I am willing to concede one exception -- when Chinese use trade proceeds to buy US government debt securities.   This is where my lack of formal economics training may lead me astray, but I would say that the US government is the one major American institution that is able to consume more than it produces.  Specifically, by running enormous deficits it is able to -- year in and year out -- allow people to consume more than they produce.  Trade proceeds from foreigners that buy this debt in some sense help subsidize this.

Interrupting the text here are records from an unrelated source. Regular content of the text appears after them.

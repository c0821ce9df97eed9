-- ===== src/Filter/Sets/Decoding.antt =====
-- util/bip158.rs: the sorted values of a set as bits, and the loops that read them.
use Prim.Native.Nat.{compare, Ordering}
use chaintopeslashrust_tapyr.Common.{
  ℕ, ◌+◌, ◌-◌, ◌^◌, ◌≤◌, ◌<◌, ◌≡◌, ◌⊎◌, inl, inr, refl, arith, subst, List, [], ◌∷◌, ◌++◌,
  append_assoc, append-nil, length, All, le→ltb, lt→ltb,
}
use chaintopeslashrust_tapyr.Outcome.{Result, ok, bind}
use chaintopeslashrust_tapyr.Filter.Stream.{FilterError, BitStreamWriter, BitStreamReader}
use chaintopeslashrust_tapyr.Filter.Stream.Writing.{Open}
use chaintopeslashrust_tapyr.Filter.Stream.Reading.{Offers}
use chaintopeslashrust_tapyr.Filter.Golomb.{plus_u64, golomb_rice_decode}
use chaintopeslashrust_tapyr.Filter.Golomb.Coding.{
  code, Writes, golomb_rice_encode-Open, golomb_rice_decode-Offers,
}
use chaintopeslashrust_tapyr.Filter.Sets.{write_deltas, any_from, all_from}
use chaintopeslashrust_tapyr.Filter.Sets.Merging.{IsSorted, any_merge, all_merge}

abbrev pub IsU64 : ℕ → Type 0
IsU64 x = x < 2 ^ 64

-- The codes of the steps from `last` through the values.
abbrev pub codes : ℕ → ℕ → List ℕ → List ℕ
codes p last [] = []
codes p last (x ∷ xs) = code p (x - last) ++ codes p x xs

pub write_deltas-Open :
    (p last : ℕ) (xs : List ℕ) (w : BitStreamWriter) (bs : List ℕ)
    → p < 64
    → IsSorted last xs
    → Open w bs
    → Writes (write_deltas p last xs w) (bs ++ codes p last xs)
unfolding write_deltas
write_deltas-Open p last [] w bs small s h = (w, refl, rw (append-nil bs) h)
write_deltas-Open p last (x ∷ xs) w bs small (hx, s) h =
    let (v, wrote, opened) = golomb_rice_encode-Open p (x - last) w bs small h in
    let (u, then_wrote, then_opened) =
      write_deltas-Open p x xs v (bs ++ code p (x - last)) small s opened in
    (
      u,
      rw (le→ltb x last hx, wrote) then_wrote,
      subst (Open u) (append_assoc bs (code p (x - last)) (codes p x xs)) then_opened,
    )

-- The next value is read and added.
advance :
    {A : Type 0} (p value x : ℕ) (bits : List ℕ) (r : BitStreamReader)
    (go : ℕ → BitStreamReader → Result FilterError A) (a : A)
    → p < 64
    → value ≤ x
    → IsU64 x
    → Offers r (code p (x - value) ++ bits)
    → ((s : BitStreamReader) → Offers s bits → go x s ≡ ok a)
    → bind (golomb_rice_decode p r) (λ d. bind (plus_u64 value (d.0)) (λ next. go next (d.1)))
      ≡ ok a
advance p value x bits r go a small up hx offers rest =
    let (s, result, after) =
      golomb_rice_decode-Offers p (x - value) r bits small (omega arith) offers in
    let sum : value + (x - value) ≡ x = omega arith in
    rw (result, sum, lt→ltb x (2 ^ 64) hx) (rest s after)

Ordering-cases : (o : Ordering) → (o ≡ Ordering.eq) ⊎ ((o ≡ Ordering.lt) ⊎ (o ≡ Ordering.gt))
Ordering-cases Ordering.eq = inl refl
Ordering-cases Ordering.lt = inr (inl refl)
Ordering-cases Ordering.gt = inr (inr refl)

module _ (p : ℕ) (small : p < 64) (tail : List ℕ) where
  pub any_from-any_merge :
      (qs : List ℕ) (value : ℕ) (xs : List ℕ) (r : BitStreamReader)
      → IsSorted value xs
      → All IsU64 xs
      → Offers r (codes p value xs ++ tail)
      → any_from p qs value (length xs) r ≡ ok (any_merge qs value xs)
  unfolding any_from any_merge
  any_from-any_merge [] value xs r s hs h = refl
  any_from-any_merge (q ∷ qs) value [] r s hs h = elim (Ordering-cases (compare value q)) [
    | inl e ↦ rw (e, any_from, any_merge) refl
    | inr (inl e) ↦ rw (e, any_from, any_merge) refl
    | inr (inr e) ↦ rw (e, any_from, any_merge) (any_from-any_merge qs value [] r s hs h)
  ]
  any_from-any_merge (q ∷ qs) value (x ∷ xs) r (hx, s) (fits, hs) h =
      let offers = subst (Offers r) (append_assoc (code p (x - value)) (codes p x xs) tail) h in
      elim (Ordering-cases (compare value q)) [
        | inl e ↦ rw (e, any_from, any_merge) refl
        | inr (inl e) ↦
            rw (e, any_from, any_merge)
              (advance p value x (codes p x xs ++ tail) r
                (λ next t. any_from p (q ∷ qs) next (length xs) t) (any_merge (q ∷ qs) x xs) small
                hx fits offers (λ t after. any_from-any_merge (q ∷ qs) x xs t s hs after))
        | inr (inr e) ↦
            rw (e, any_from, any_merge)
              (any_from-any_merge qs value (x ∷ xs) r (hx, s) (fits, hs) h)
      ]

  pub all_from-all_merge :
      (qs : List ℕ) (value : ℕ) (xs : List ℕ) (r : BitStreamReader)
      → IsSorted value xs
      → All IsU64 xs
      → Offers r (codes p value xs ++ tail)
      → all_from p qs value (length xs) r ≡ ok (all_merge qs value xs)
  unfolding all_from all_merge
  all_from-all_merge [] value xs r s hs h = refl
  all_from-all_merge (q ∷ qs) value [] r s hs h = elim (Ordering-cases (compare value q)) [
    | inl e ↦ rw (e, all_from, all_merge) (all_from-all_merge qs value [] r s hs h)
    | inr (inl e) ↦ rw (e, all_from, all_merge) refl
    | inr (inr e) ↦ rw (e, all_from, all_merge) refl
  ]
  all_from-all_merge (q ∷ qs) value (x ∷ xs) r (hx, s) (fits, hs) h =
      let offers = subst (Offers r) (append_assoc (code p (x - value)) (codes p x xs) tail) h in
      elim (Ordering-cases (compare value q)) [
        | inl e ↦
            rw (e, all_from, all_merge)
              (all_from-all_merge qs value (x ∷ xs) r (hx, s) (fits, hs) h)
        | inr (inl e) ↦
            rw (e, all_from, all_merge)
              (advance p value x (codes p x xs ++ tail) r
                (λ next t. all_from p (q ∷ qs) next (length xs) t) (all_merge (q ∷ qs) x xs) small
                hx fits offers (λ t after. all_from-all_merge (q ∷ qs) x xs t s hs after))
        | inr (inr e) ↦ rw (e, all_from, all_merge) refl
      ]
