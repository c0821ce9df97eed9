-- ===== src/Filter/Sets/Matching.antt =====
-- util/bip158.rs: a set that is written is matched as the set that it is.
use mathlib.Core.List.{map}
use chaintopeslashrust_tapyr.Common.{
  ℕ, suc, ◌-◌, ◌*◌, ◌/◌, ◌^◌, ◌<◌, ◌≡◌, refl, sym, ap, ◌∙◌, arith, subst, List, [], ◌∷◌, ◌++◌,
  append_assoc, length, All, Bool-cases, inl, inr, ◌||◌, ◌==◌, leb, lt→ltb,
}
use chaintopeslashrust_tapyr.Common.Powers.{digits_of}
use chaintopeslashrust_tapyr.Outcome.{Bytes, ok, bind}
use chaintopeslashrust_tapyr.Consensus.VarInt.{encode}
use chaintopeslashrust_tapyr.Filter.Stream.{new_writer, new_reader, flush}
use chaintopeslashrust_tapyr.Filter.Stream.Writing.{all_digits, new_writer-Open, flush-digits}
use chaintopeslashrust_tapyr.Filter.Golomb.{SipHash, golomb_rice_decode, insert, sort, dedup}
use chaintopeslashrust_tapyr.Filter.Golomb.Coding.{code, golomb_rice_decode-Offers}
use chaintopeslashrust_tapyr.Filter.Golomb.Range.{map_to_range_exact}
use chaintopeslashrust_tapyr.Filter.Sets.{GcsFilter, any_from, all_from, map_all, finish}
use chaintopeslashrust_tapyr.Filter.Sets.Merging.{
  has, any_meets, all_meet, IsSorted, sort-IsSorted, dedup-IsSorted, any_meets-sort, all_meet-sort,
  all_meet-dedup, any_merge, all_merge,
}
use chaintopeslashrust_tapyr.Filter.Sets.Merged.{any_merge_lem, all_merge_lem}
use chaintopeslashrust_tapyr.Filter.Sets.Decoding.{
  IsU64, codes, write_deltas-Open, any_from-any_merge, all_from-all_merge,
}

length-insert : (x : ℕ) (xs : List ℕ) → length (insert x xs) ≡ suc (length xs)
unfolding insert
length-insert x [] = refl
length-insert x (y ∷ ys) = elim (Bool-cases (leb x y)) [
  | inl first ↦ rw first refl
  | inr later ↦ rw later (ap suc (length-insert x ys))
]

pub length-sort : (xs : List ℕ) → length (sort xs) ≡ length xs
unfolding sort
length-sort [] = refl
length-sort (x ∷ xs) = length-insert x (sort xs) ∙ ap suc (length-sort xs)

pub length-map : (f : Bytes → ℕ) (es : List Bytes) → length (map f es) ≡ length es
length-map f [] = refl
length-map f (e ∷ es) = ap suc (length-map f es)

has-any_meets : (xs : List ℕ) (q : ℕ) → has xs q ≡ any_meets (λ x. q == x) xs
has-any_meets [] q = refl
has-any_meets (x ∷ xs) q = ap (λ b. q == x || b) (has-any_meets xs q)

pub has-sort : (xs : List ℕ) (q : ℕ) → has (sort xs) q ≡ has xs q
has-sort xs q =
    has-any_meets (sort xs) q ∙ any_meets-sort (λ x. q == x) xs ∙ sym (has-any_meets xs q)

All-insert : (x : ℕ) (xs : List ℕ) → IsU64 x → All IsU64 xs → All IsU64 (insert x xs)
unfolding insert
All-insert x [] h hs = (h, tt)
All-insert x (y ∷ ys) h (hy, hs) = elim (Bool-cases (leb x y)) [
  | inl first ↦ rw first (h, (hy, hs))
  | inr later ↦ rw later (hy, All-insert x ys h hs)
]

pub All-sort : (xs : List ℕ) → All IsU64 xs → All IsU64 (sort xs)
unfolding sort
All-sort [] hs = tt
All-sort (x ∷ xs) (h, hs) = All-insert x (sort xs) h (All-sort xs hs)

module _ (sip : SipHash) (f : GcsFilter) (m : ℕ) where
  -- The value that an element has in a set of `n` elements: its hash, scaled to the range below `n * m`.
  abbrev pub value_of : ℕ → Bytes → ℕ
  value_of n e = sip.hash f.k0 f.k1 e * (n * m) / 2 ^ 64

  pub map_all_exact :
      (n : ℕ) (es : List Bytes)
      → n * m < 2 ^ 33
      → (map_all sip f (n * m) es ≡ ok (map (value_of n) es)) × All IsU64 (map (value_of n) es)
  unfolding map_all
  map_all_exact n [] h = (refl, tt)
  map_all_exact n (e ∷ es) h =
      let (first, low) =
        map_to_range_exact (sip.hash f.k0 f.k1 e) (n * m) (sip.hash_small f.k0 f.k1 e) h in
      let (rest, lows) = map_all_exact n es h in (rw (first, rest) refl, (omega (arith, low), lows))

  pub finish_lem :
      (written : Bytes) (es : List Bytes)
      → f.p < 64
      → length es * m < 2 ^ 33
      → (body : Bytes) × (spare : ℕ) × (finish sip
            (record { filter = f; written = written; elements = es; m = m })
          ≡ ok (written ++ ((encode (length es)).0 ++ body)))
        × (all_digits body
            ≡ codes f.p 0 (sort (map (value_of (length es)) es)) ++ digits_of spare 0)
  unfolding finish
  finish_lem written es small range =
      let n : ℕ = length es in
      let values : List ℕ = sort (map (value_of n) es) in
      let (mapped, _) = map_all_exact n es range in
      let (v, wrote, opened) =
        write_deltas-Open f.p 0 values (new_writer []) [] small
          (sort-IsSorted (map (value_of n) es)) (new_writer-Open []) in
      let (spare, _, digits) = flush-digits v (codes f.p 0 values) opened in
      let count : length values ≡ n =
        length-sort (map (value_of n) es) ∙ length-map (value_of n) es in
      (
        (flush v).written,
        spare,
        rw (lt→ltb (n * m) (2 ^ 64) (omega arith), mapped, wrote)
            (ap (λ k. ok (written ++ ((encode k).0 ++ (flush v).written))) count),
        digits,
      )

  pub any_decoded :
      (body : Bytes) (tail values qs : List ℕ) (x : ℕ) (xs : List ℕ)
      → f.p < 64
      → values ≡ x ∷ xs
      → IsSorted 0 values
      → All IsU64 values
      → all_digits body ≡ codes f.p 0 values ++ tail
      → (bind
            (golomb_rice_decode f.p (new_reader body))
            (λ d. any_from f.p (sort qs) (d.0) (length values - 1) (d.1))
          ≡ ok (any_meets (has values) qs))
        × (bind
              (golomb_rice_decode f.p (new_reader body))
              (λ d. all_from f.p (dedup (sort qs)) (d.0) (length values - 1) (d.1))
            ≡ ok (all_meet (has values) qs))
  unfolding digits_of
  any_decoded body tail values qs x xs small e sorted fits digits =
      let sorted_here : IsSorted 0 (x ∷ xs) = subst (IsSorted 0) e sorted in
      let fits_here : All IsU64 (x ∷ xs) = subst (All IsU64) e fits in
      let here : all_digits body ≡ code f.p (x - 0) ++ (codes f.p x xs ++ tail) =
        digits
        ∙ ap (λ l. codes f.p 0 l ++ tail) e
        ∙ append_assoc (code f.p (x - 0)) (codes f.p x xs) tail in
      let (s, read, after) =
        golomb_rice_decode-Offers f.p (x - 0) (new_reader body) (codes f.p x xs ++ tail) small
          (omega (arith, fits_here.0)) (record { inside = omega arith; bits = here }) in
      let first : x - 0 ≡ x = omega arith in
      let left : length values - 1 ≡ length xs = ap (λ l. length l - 1) e ∙ omega arith in
      let any_value : any_merge (sort qs) x xs ≡ any_meets (has values) qs =
        any_merge_lem (sort qs) 0 x xs (sort-IsSorted qs) sorted_here.1
        ∙ any_meets-sort (has (x ∷ xs)) qs
        ∙ ap (λ l. any_meets (has l) qs) (sym e) in
      let all_value : all_merge (dedup (sort qs)) x xs ≡ all_meet (has values) qs =
        all_merge_lem (dedup (sort qs)) 0 x xs (dedup-IsSorted (sort qs) (sort-IsSorted qs))
          sorted_here.1
        ∙ all_meet-dedup (has (x ∷ xs)) (sort qs)
        ∙ all_meet-sort (has (x ∷ xs)) qs
        ∙ ap (λ l. all_meet (has l) qs) (sym e) in
      (
        rw (read, left, first)
            (any_from-any_merge f.p small tail (sort qs) x xs s sorted_here.1 fits_here.1 after
              ∙ ap ok any_value),
        rw (read, left, first)
            (all_from-all_merge f.p small tail (dedup (sort qs)) x xs s sorted_here.1 fits_here.1
                after
              ∙ ap ok all_value),
      )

However, I don't think one can blame trade for this situation.  Government deficits are enabled by feckless politicians who pander to the electorate in order to be re-elected, a dynamic that has little to do with trade.  I suppose one could argue that by increasing the demand for government securities, foreigners are reducing the cost of debt and thus perhaps enabling more spending, though I am not sure politicians are at all price sensitive to interest rates when they run up debt -- as a minimum their demand curve is really, really steep.   There is a relation between government borrowing and trade but the relationship is reversed -- Increased borrowing will tend, all things being equal, to increase the value of the dollar which will in turn make imports cheaper and exports more expensive, perhaps increasing the trade deficit.

Government Housing Policy: Restricting Supply and Subsidizing Demand

I am always amazed that folks, say those in government in places like San Francisco, consistently support restricting the supply of new housing while subsidizing home buyers and then are surprised when prices and rents keeps rising.  From the Market Urbanism Report via Walter Olson.

But a look at the numbers shows that, on the contrary, housing construction (or lack thereof) seems to be the driving factor behind whether or not large U.S. metros remain affordable.

This would be the conclusion from 7 years of data from the Census Bureau, which publishes annual lists on the number of new privately-owned housing units authorized in each metro area. Between 2010 and 2016, when overall national housing permits ticked up each year following the recession, most major metros have issued housing permit numbers in the high 4- or low 5-figures annually. But three metros have stood far above the rest.

The Dallas-Fort Worth-Arlington MSA issued 273,853 housing permits over this 7-year period; New York-Newark-Jersey City issued 283,814; and Houston-The Woodlands-Sugar Land topped every metro with 316,639 permits. Combined, the 3 metros accounted for 13.5% of the nation’s approved housing units.

Other metros weren’t even close to these three....

These statistics are glaring, and show that the urban housing affordability crisis, and its solution, is far simpler than many pundits suspect. In their ongoing quest to satisfy their anti-growth biases, they’ve settled on demand-side responses (read: government subsidies) that ignore or worsen the fundamental problem of under-supply; while they continue to blame various third party boogeymen, including developers, landlords, Airbnb hosts, techies, hipsters, Asian families buying second homes, and migrants in general.

But, again, the Census data sheds light on the actual nature of the issue: some metros in America are building a LOT of housing. Other metros may think they are, but actually are not. And housing prices within given metros are either stabilizing or skyrocketing based on this decision.